Work order: Below this line is a set of entries; quote exactly the lines from the line that contains "filename src/Ddl/Statements.antt" to the line that contains "name_texts = map", both lines included.

[Collected data entries]
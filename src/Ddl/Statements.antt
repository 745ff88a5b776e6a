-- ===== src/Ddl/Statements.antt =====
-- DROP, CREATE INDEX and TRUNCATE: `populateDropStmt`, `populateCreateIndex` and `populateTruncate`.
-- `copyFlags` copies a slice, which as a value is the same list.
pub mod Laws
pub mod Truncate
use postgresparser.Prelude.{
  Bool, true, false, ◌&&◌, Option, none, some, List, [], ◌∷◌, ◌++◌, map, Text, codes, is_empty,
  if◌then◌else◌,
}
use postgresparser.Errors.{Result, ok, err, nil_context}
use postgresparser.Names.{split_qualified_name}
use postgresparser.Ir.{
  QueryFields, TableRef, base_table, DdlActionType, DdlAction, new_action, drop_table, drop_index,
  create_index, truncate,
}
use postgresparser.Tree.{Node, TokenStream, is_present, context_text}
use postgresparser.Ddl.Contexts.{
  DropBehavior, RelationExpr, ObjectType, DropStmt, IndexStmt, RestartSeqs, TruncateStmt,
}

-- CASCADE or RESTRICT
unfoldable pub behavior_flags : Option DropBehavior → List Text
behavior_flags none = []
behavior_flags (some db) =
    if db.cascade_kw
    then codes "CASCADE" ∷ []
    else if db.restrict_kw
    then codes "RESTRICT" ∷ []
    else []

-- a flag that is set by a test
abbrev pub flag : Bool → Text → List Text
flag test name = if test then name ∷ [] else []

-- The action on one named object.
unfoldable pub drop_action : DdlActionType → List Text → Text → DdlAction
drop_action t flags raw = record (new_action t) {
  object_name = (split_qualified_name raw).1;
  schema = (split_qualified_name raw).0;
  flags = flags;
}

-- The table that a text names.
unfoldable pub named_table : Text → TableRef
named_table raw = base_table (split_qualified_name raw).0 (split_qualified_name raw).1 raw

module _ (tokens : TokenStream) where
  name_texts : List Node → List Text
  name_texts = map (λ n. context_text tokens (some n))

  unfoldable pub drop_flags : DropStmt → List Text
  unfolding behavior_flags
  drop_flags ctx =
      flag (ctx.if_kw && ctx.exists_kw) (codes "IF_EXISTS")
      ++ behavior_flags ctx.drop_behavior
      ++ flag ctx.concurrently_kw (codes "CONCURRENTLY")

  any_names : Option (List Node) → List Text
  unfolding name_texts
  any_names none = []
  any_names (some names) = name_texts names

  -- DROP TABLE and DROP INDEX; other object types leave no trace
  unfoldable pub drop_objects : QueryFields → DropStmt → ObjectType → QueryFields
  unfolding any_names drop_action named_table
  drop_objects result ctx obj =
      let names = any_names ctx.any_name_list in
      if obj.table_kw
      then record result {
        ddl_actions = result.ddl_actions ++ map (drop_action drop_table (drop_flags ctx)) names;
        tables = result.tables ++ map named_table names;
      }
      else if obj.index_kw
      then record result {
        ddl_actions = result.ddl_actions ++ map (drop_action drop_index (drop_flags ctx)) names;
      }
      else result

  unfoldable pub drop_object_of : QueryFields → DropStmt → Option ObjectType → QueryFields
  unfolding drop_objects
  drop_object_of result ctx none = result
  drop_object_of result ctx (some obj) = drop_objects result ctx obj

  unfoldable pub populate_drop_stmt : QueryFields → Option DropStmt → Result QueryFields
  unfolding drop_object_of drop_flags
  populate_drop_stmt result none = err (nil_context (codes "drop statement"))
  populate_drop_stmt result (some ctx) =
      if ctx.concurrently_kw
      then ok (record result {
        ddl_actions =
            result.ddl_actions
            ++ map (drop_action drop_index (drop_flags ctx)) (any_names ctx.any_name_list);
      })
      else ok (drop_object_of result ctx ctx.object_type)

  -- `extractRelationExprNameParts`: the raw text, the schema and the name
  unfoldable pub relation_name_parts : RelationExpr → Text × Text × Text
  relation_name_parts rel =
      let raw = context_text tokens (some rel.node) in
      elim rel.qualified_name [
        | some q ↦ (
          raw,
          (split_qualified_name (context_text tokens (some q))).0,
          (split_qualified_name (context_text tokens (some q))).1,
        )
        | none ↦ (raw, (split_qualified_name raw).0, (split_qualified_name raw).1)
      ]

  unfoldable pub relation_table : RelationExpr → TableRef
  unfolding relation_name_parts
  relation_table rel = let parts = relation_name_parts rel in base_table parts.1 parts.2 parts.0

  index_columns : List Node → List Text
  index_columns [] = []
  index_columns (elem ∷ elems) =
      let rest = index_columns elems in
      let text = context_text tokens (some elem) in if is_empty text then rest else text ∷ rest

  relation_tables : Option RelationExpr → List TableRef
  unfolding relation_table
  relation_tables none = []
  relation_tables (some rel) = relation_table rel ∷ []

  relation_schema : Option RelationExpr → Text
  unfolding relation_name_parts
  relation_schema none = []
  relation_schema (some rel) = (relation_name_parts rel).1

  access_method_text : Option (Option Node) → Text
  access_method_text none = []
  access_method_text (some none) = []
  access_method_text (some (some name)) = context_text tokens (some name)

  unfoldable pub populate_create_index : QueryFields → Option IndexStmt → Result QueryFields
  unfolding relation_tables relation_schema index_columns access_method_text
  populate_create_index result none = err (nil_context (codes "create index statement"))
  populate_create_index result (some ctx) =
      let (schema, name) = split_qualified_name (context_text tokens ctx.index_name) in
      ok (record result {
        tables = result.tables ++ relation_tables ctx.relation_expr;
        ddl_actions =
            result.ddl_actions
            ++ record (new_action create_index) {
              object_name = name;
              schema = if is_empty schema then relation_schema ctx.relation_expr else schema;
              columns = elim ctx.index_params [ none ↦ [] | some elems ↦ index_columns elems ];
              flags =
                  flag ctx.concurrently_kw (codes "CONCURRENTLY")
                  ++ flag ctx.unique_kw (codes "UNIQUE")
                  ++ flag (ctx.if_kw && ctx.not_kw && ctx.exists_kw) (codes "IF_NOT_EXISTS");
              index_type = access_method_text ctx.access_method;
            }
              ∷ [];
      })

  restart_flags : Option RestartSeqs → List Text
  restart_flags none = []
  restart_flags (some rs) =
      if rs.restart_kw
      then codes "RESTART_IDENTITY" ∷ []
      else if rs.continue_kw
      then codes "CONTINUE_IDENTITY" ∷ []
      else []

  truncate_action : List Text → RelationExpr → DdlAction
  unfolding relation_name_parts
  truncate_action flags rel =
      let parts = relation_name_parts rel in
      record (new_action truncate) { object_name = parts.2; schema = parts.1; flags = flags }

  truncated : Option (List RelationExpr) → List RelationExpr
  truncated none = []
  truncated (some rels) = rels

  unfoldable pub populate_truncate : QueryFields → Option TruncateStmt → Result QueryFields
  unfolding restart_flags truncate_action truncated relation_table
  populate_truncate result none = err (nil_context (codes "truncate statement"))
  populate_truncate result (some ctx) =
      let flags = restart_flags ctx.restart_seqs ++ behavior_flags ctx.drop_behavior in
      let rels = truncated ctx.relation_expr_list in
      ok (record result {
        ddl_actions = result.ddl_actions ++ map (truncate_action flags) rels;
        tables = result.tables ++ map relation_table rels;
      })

---

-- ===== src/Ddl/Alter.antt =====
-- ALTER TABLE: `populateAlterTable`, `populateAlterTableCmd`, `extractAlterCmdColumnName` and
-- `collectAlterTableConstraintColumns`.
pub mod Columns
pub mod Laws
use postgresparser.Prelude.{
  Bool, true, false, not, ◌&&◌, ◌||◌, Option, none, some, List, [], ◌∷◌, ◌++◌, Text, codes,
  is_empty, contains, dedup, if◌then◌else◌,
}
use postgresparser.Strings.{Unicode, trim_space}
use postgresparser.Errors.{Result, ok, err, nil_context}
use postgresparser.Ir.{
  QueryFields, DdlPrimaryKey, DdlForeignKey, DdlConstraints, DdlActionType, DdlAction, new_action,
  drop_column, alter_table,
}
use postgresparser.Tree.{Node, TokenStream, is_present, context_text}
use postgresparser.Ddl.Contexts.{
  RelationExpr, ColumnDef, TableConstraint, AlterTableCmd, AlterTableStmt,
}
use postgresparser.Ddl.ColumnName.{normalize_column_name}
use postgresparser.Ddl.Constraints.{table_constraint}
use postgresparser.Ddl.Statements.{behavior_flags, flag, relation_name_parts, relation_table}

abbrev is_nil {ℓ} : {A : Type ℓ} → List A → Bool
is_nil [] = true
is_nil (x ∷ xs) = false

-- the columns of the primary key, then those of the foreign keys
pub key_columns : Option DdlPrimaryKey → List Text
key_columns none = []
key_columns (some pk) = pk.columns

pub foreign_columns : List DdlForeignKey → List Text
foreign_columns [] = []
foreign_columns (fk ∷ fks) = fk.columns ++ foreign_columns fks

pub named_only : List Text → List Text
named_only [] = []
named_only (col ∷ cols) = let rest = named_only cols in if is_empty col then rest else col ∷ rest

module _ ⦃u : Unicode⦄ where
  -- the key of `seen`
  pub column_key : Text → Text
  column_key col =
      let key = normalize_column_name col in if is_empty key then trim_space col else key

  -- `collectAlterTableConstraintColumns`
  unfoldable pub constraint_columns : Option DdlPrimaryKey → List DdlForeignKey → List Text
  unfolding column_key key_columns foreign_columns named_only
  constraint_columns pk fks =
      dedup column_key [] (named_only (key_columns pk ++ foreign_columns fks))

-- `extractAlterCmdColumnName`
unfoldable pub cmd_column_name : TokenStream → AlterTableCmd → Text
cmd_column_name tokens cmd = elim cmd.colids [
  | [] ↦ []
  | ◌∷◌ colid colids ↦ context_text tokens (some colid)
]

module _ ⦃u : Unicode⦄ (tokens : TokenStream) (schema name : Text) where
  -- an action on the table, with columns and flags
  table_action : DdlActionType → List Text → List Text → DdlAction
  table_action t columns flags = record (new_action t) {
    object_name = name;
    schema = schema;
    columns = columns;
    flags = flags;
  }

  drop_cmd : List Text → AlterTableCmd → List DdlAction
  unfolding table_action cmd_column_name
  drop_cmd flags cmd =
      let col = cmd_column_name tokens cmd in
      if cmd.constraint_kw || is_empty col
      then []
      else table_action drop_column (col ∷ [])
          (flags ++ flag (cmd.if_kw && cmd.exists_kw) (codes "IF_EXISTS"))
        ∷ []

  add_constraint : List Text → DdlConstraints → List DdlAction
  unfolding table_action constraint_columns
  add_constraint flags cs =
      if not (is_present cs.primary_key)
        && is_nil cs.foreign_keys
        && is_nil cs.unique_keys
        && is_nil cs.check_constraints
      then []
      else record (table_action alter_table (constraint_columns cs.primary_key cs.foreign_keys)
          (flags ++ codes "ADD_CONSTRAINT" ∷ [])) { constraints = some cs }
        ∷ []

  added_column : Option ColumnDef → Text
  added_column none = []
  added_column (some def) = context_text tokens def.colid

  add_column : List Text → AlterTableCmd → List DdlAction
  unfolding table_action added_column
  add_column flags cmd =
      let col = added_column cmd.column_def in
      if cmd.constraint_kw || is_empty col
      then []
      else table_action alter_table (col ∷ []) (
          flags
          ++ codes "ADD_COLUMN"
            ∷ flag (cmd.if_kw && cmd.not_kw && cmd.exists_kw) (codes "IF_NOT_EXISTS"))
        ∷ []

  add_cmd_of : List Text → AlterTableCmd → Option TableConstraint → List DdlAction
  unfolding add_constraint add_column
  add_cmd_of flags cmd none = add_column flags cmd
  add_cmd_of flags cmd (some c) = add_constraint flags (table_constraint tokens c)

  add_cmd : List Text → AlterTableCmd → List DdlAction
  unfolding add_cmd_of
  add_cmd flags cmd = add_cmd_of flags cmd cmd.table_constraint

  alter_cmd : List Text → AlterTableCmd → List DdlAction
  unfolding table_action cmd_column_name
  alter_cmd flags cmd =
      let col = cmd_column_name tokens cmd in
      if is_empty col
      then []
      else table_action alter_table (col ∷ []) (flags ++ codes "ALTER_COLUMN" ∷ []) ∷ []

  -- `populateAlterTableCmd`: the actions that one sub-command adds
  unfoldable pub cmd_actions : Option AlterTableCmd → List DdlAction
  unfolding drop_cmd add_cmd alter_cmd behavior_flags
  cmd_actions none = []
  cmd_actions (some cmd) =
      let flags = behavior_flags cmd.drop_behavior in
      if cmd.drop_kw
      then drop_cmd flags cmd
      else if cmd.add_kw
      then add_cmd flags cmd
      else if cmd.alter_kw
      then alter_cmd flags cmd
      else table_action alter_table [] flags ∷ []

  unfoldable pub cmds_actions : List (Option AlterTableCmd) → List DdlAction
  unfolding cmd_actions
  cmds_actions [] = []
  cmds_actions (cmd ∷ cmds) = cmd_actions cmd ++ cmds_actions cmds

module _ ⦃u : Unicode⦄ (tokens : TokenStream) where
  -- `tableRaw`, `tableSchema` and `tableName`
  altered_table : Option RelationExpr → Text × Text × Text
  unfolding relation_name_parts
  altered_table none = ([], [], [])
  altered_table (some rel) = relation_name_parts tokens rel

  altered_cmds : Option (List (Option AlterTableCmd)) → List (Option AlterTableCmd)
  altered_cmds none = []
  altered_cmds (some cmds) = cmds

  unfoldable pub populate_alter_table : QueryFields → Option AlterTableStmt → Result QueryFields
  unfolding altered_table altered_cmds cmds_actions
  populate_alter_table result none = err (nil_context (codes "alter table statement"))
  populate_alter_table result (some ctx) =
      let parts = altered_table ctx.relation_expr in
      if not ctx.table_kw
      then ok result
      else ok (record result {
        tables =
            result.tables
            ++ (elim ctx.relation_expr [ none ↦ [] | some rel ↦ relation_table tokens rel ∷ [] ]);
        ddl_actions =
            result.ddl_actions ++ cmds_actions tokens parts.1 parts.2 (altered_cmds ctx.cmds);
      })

Solution:
filename src/Ddl/Statements.antt
repository 745ff88a5b776e6a
-- ===== src/Ddl/Statements.antt =====
-- DROP, CREATE INDEX and TRUNCATE: `populateDropStmt`, `populateCreateIndex` and `populateTruncate`.
-- `copyFlags` copies a slice, which as a value is the same list.
pub mod Laws
pub mod Truncate
use postgresparser.Prelude.{
  Bool, true, false, ◌&&◌, Option, none, some, List, [], ◌∷◌, ◌++◌, map, Text, codes, is_empty,
  if◌then◌else◌,
}
use postgresparser.Errors.{Result, ok, err, nil_context}
use postgresparser.Names.{split_qualified_name}
use postgresparser.Ir.{
  QueryFields, TableRef, base_table, DdlActionType, DdlAction, new_action, drop_table, drop_index,
  create_index, truncate,
}
use postgresparser.Tree.{Node, TokenStream, is_present, context_text}
use postgresparser.Ddl.Contexts.{
  DropBehavior, RelationExpr, ObjectType, DropStmt, IndexStmt, RestartSeqs, TruncateStmt,
}

-- CASCADE or RESTRICT
unfoldable pub behavior_flags : Option DropBehavior → List Text
behavior_flags none = []
behavior_flags (some db) =
    if db.cascade_kw
    then codes "CASCADE" ∷ []
    else if db.restrict_kw
    then codes "RESTRICT" ∷ []
    else []

-- a flag that is set by a test
abbrev pub flag : Bool → Text → List Text
flag test name = if test then name ∷ [] else []

-- The action on one named object.
unfoldable pub drop_action : DdlActionType → List Text → Text → DdlAction
drop_action t flags raw = record (new_action t) {
  object_name = (split_qualified_name raw).1;
  schema = (split_qualified_name raw).0;
  flags = flags;
}

-- The table that a text names.
unfoldable pub named_table : Text → TableRef
named_table raw = base_table (split_qualified_name raw).0 (split_qualified_name raw).1 raw

module _ (tokens : TokenStream) where
  name_texts : List Node → List Text
  name_texts = map (λ n. context_text tokens (some n))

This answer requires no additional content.